§ **EXERCISE PROMPT**
Your task is to copy the stretch of lines in the records below that begins with the line containing "(are_distinct first.buf_list ≡ true)" and ends with the line containing "begin.window).free_bufs -ℤ pos 1)", exactly as written, with nothing added.

Collected data entries
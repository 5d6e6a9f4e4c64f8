-- ===== src/Tests/Windows.antt =====
-- A framebuffer device of two buffers, on which two threads draw.
use fake_libc.Common.{
  pos, ◌-ℤ◌, ◌≤ℤ◌, ℕ, ◌+◌, ◌≡◌, ◌≢◌, refl, true, false, [], ◌∷◌, arith, inl, inr,
}
use fake_libc.Windows.Base.{put, is_last}
use fake_libc.Windows.Fbdev.{
  Build, Device, Buffer, Answer, Window, entering, awaits_count, dequeued, new_buffer,
  delete_buffer, inc_ref, dec_ref, dec_all, destroy_buffers, make_buffer, make_buffers,
  reallocate_buffers, find_free, take_buffer, search_buffer, await_count, dequeue_buffer,
  set_buffer_count, new_window,
}
use fake_libc.Windows.Fbdev.Flags.{is_in, are_distinct, free, count_free}
use fake_libc.Windows.Fbdev.Search.{IsCounted}
use fake_libc.Windows.Fbdev.Threads.{System, outside, dequeuing, AreFresh, Run, here, next, call}
use fake_libc.Windows.Fbdev.Ownership.{searched, Run-dequeued, Run-exclusive}
use fake_libc.Windows.Fbdev.Progress.{dequeue_buffer-at_once}
use fake_libc.Windows.Fbdev.Allocation.{addresses, reallocate_buffers-lists}

abbrev android_5 : Build
android_5 = record { usage_hw_fb = 4096; front_serves = false; counts_framebuffers = true }

abbrev screen : Device
screen = record { width = 640; height = 480; format = 1; num_framebuffers = 2 }

abbrev heap : ℕ → Buffer
heap p = record {
  width = 0;
  height = 0;
  format = 0;
  usage = 0;
  handle = 0;
  stride = 0;
  refcount = 0;
  busy = 9;
  status = 0;
  alloc = 0;
}

abbrev memory : Window
memory = record {
  alloc = 0;
  device = screen;
  usage = 3;
  buf_format = 3;
  buffer_count = 3;
  free_bufs = pos 3;
  allocate_buffers = false;
  buf_list = [];
  front_buf = 77;
  buffers = heap;
  deleted = [];
  freed = [];
}

-- Each object has an address and a handle of its own, and every allocation succeeds.
abbrev answers : ℕ → Answer
answers i = record { address = i + 100; status = 0; handle = i + 500; stride = 640 }

fresh : AreFresh answers
fresh = record { distinct = λ i j e. omega (arith, e); not_null = λ i e. absurd (omega (arith, e)) }

abbrev begin : System
begin = record { window = new_window android_5 60 screen memory; place = λ t. outside }

abbrev entered : System
entered = record begin { place = put begin.place 1 (dequeuing entering) }

abbrev first : Window
first = (dequeue_buffer android_5 answers entering begin.window).1

first_list : first.buf_list ≡ 100 ∷ 101 ∷ []
unfolding new_window set_buffer_count dequeue_buffer reallocate_buffers destroy_buffers dec_all
    dec_ref is_last delete_buffer make_buffers make_buffer inc_ref new_buffer put await_count
    search_buffer find_free take_buffer
first_list = refl

to_entered : Run android_5 (λ e. Unit) begin entered
to_entered = next here tt (call begin 1 (dequeuing entering) refl (inl refl))

first_taken : dequeue_buffer android_5 answers entering begin.window ≡ (dequeued 100, first)
unfolding new_window set_buffer_count dequeue_buffer reallocate_buffers destroy_buffers dec_all
    dec_ref is_last delete_buffer make_buffers make_buffer inc_ref new_buffer put await_count
    search_buffer find_free take_buffer
first_taken = refl

Run-dequeued_example :
    (is_in 100 first.buf_list ≡ true)
    × (100 ≢ first.front_buf)
    × ((first.buffers 100).busy ≡ 1)
    × (are_distinct first.buf_list ≡ true)
    × (pos (count_free first.buffers first.buf_list) ≤ℤ first.free_bufs)
    × (pos 1 ≤ℤ (searched android_5 answers entering begin.window).free_bufs)
    × (first.free_bufs ≡ (searched android_5 answers entering begin.window).free_bufs -ℤ pos 1)
Run-dequeued_example =
    Run-dequeued 60 screen memory begin.place answers entering first 100 refl (omega arith)
      to_entered fresh first_taken

-- A second thread comes while the first draws into its buffer. The objects of a further reallocation would
-- lie elsewhere.
abbrev later : ℕ → Answer
later i = record { address = i + 900; status = 0; handle = i + 500; stride = 640 }

abbrev drawing : System
drawing = record { window = first; place = λ t. outside }

abbrev second : Window
second = (dequeue_buffer android_5 later entering first).1

second_taken : dequeue_buffer android_5 later entering first ≡ (dequeued 101, second)
unfolding new_window set_buffer_count dequeue_buffer reallocate_buffers destroy_buffers dec_all
    dec_ref is_last delete_buffer make_buffers make_buffer inc_ref new_buffer put await_count
    search_buffer find_free take_buffer
second_taken = refl

Run-exclusive_example : (◌≢◌ {A = ℕ} 101 100) × ((second.buffers 100).busy ≢ 0)
Run-exclusive_example =
    Run-exclusive {s = drawing} {r = drawing} answers later entering entering begin.window second
      100 101 refl first_taken here (λ i e. absurd (omega (arith, e))) second_taken

-- Behind the reallocation both buffers are free.
abbrev both : Window
both = reallocate_buffers android_5 answers begin.window

both-IsCounted : IsCounted both
unfolding new_window set_buffer_count reallocate_buffers destroy_buffers dec_all dec_ref is_last
    delete_buffer make_buffers make_buffer inc_ref new_buffer put is_in are_distinct free count_free
both-IsCounted = record { distinct = refl; counted = omega arith }

dequeue_buffer-at_once_example :
    (b : ℕ) × (dequeue_buffer android_5 answers awaits_count both
      ≡ (dequeued b, take_buffer b both))
unfolding new_window set_buffer_count reallocate_buffers destroy_buffers dec_all dec_ref is_last
    delete_buffer make_buffers make_buffer inc_ref new_buffer put free count_free
dequeue_buffer-at_once_example =
    dequeue_buffer-at_once android_5 answers awaits_count both both-IsCounted refl (omega arith)

-- The second of two allocations fails.
abbrev short : ℕ → Answer
short i = record { address = i + 100; status = i; handle = 0; stride = 0 }

reallocate_buffers-lists_example :
    let r = reallocate_buffers android_5 short begin.window in
    (r.buf_list ≡ addresses 1 short) × (r.free_bufs ≡ pos 1) × (r.allocate_buffers ≡ false)
unfolding new_window set_buffer_count
reallocate_buffers-lists_example =
    reallocate_buffers-lists android_5 1 short begin.window (λ i lt. omega (arith, lt))
      (omega arith) (inr (λ e. absurd (omega (arith, e)), λ e. absurd (omega (arith, e))))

§ **OUTPUT FOR THIS TASK**
    × (are_distinct first.buf_list ≡ true)
    × (pos (count_free first.buffers first.buf_list) ≤ℤ first.free_bufs)
    × (pos 1 ≤ℤ (searched android_5 answers entering begin.window).free_bufs)
    × (first.free_bufs ≡ (searched android_5 answers entering begin.window).free_bufs -ℤ pos 1)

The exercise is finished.